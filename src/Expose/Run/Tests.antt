-- ===== src/Expose/Run/Tests.antt =====
-- A client that `loophole expose` starts, at a concrete server.
use loophole.Base.{some, refl, true, false, none, [], ◌∷◌, ok, ◌≡◌, List, is_some, arith}
use loophole.Text.{codes}
use loophole.Map
use loophole.Server.Registry
use loophole.Server.Config.Defs.{Config, default_limits}
use loophole.Server.Acme.Client.{Order, nothing}
use loophole.Server.Tls.Defs.{Pem}
use loophole.Server.Router.Defs.{ServerState}
use loophole.Text.{◌==◌}
use mathlib.Core.List.Memᴰ.{head, tail}
use loophole.Console.{Console}
use loophole.Proto.{ServerMessage}
use loophole.Proto.Sample.{codec, codec-IsCodec}
use loophole.Server.Config.Defs.{validate_token}
use loophole.Server.Handler.Defs.{tunnel_url, negotiate}
use loophole.Expose.Client.Defs.{TunnelClient, connect}
use loophole.Expose.Client.Handshake.{sent_as, first_of}
use loophole.Expose.Reconnect as Reconnect
use loophole.Expose.Run.Defs.{run}
use loophole.Expose.Run.Command.{Draw, expose}
use loophole.Expose.Run.Connects.{expose-connects}
use loophole.Cli.Credentials.{absent, credentials}

abbrev config : Config
config = record {
  version = 1;
  server = record { domain = codes "ex.com"; http_port = 80; https_port = 443 };
  tokens = (codes "tk_b", record { admin = true }) ∷ [];
  limits = default_limits;
  https = none;
}

abbrev state : ServerState
state = record { config = config; registry = Registry.new; cert_manager = none }

abbrev pem : Pem
pem = record { certs = λ _. []; private_key = λ _. ok none; any_supported_type = λ _. none }

abbrev order : Order
order = record {
  created = false;
  authorizations = none;
  key_authorization = λ t. t;
  csr_made = false;
  key_pem = [];
  finalized = false;
  download = nothing;
  polls = [];
  saved = false;
}

abbrev draw : Draw
draw = record { adj = codes "eager"; noun = codes "fox"; num = 42 }

abbrev console : Console
console = record {
  stdin = [];
  secrets = [];
  printed = [];
  files = [];
  ran = [];
  may_write = λ _. true;
  may_create = λ _. true;
}

token_known : is_some (validate_token config (codes "tk_b")) ≡ true
unfolding validate_token Map.get ◌==◌
token_known = refl

given :
    credentials (λ _. none) absent (some (codes "http://ex.com")) (some (codes "tk_b"))
    ≡ ok (codes "http://ex.com", codes "tk_b")
unfolding credentials
given = refl

expose-connects_example :
    (client : TunnelClient) × ((expose
        (λ _. none)
        absent
        (λ s. some s)
        draw
        (some (codes "http://ex.com"))
        (some (codes "tk_b"))
        none
        (codes "localhost")
        3_000
        3
        []
        console).1
      ≡ ok (client, run 3 Reconnect.new []))
    × (client.server ≡ codes "http://ex.com")
    × (hello : ServerMessage) × (rest : List ServerMessage) × ((negotiate codec pem state
          (first_of codec client)
          true
          order).sent
        ≡ hello ∷ rest)
    × (connect codec client true true (sent_as codec hello)
        ≡ ok (client.subdomain, tunnel_url state.config client.subdomain))
expose-connects_example =
    expose-connects (λ _. none) absent (λ s. some s) draw (some (codes "http://ex.com"))
      (some (codes "tk_b")) (codes "localhost") 3_000 3 [] codec pem state order
      (codes "http://ex.com") (codes "tk_b") _ console codec-IsCodec given refl
      (tail (tail (tail (head refl)))) (head refl) (omega arith) token_known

* [EXERCISE REQUIREMENTS] Return, from the material above, every line with the word "ServerState".

* [YOUR RESPONSE]
use loophole.Server.Router.Defs.{ServerState}
abbrev state : ServerState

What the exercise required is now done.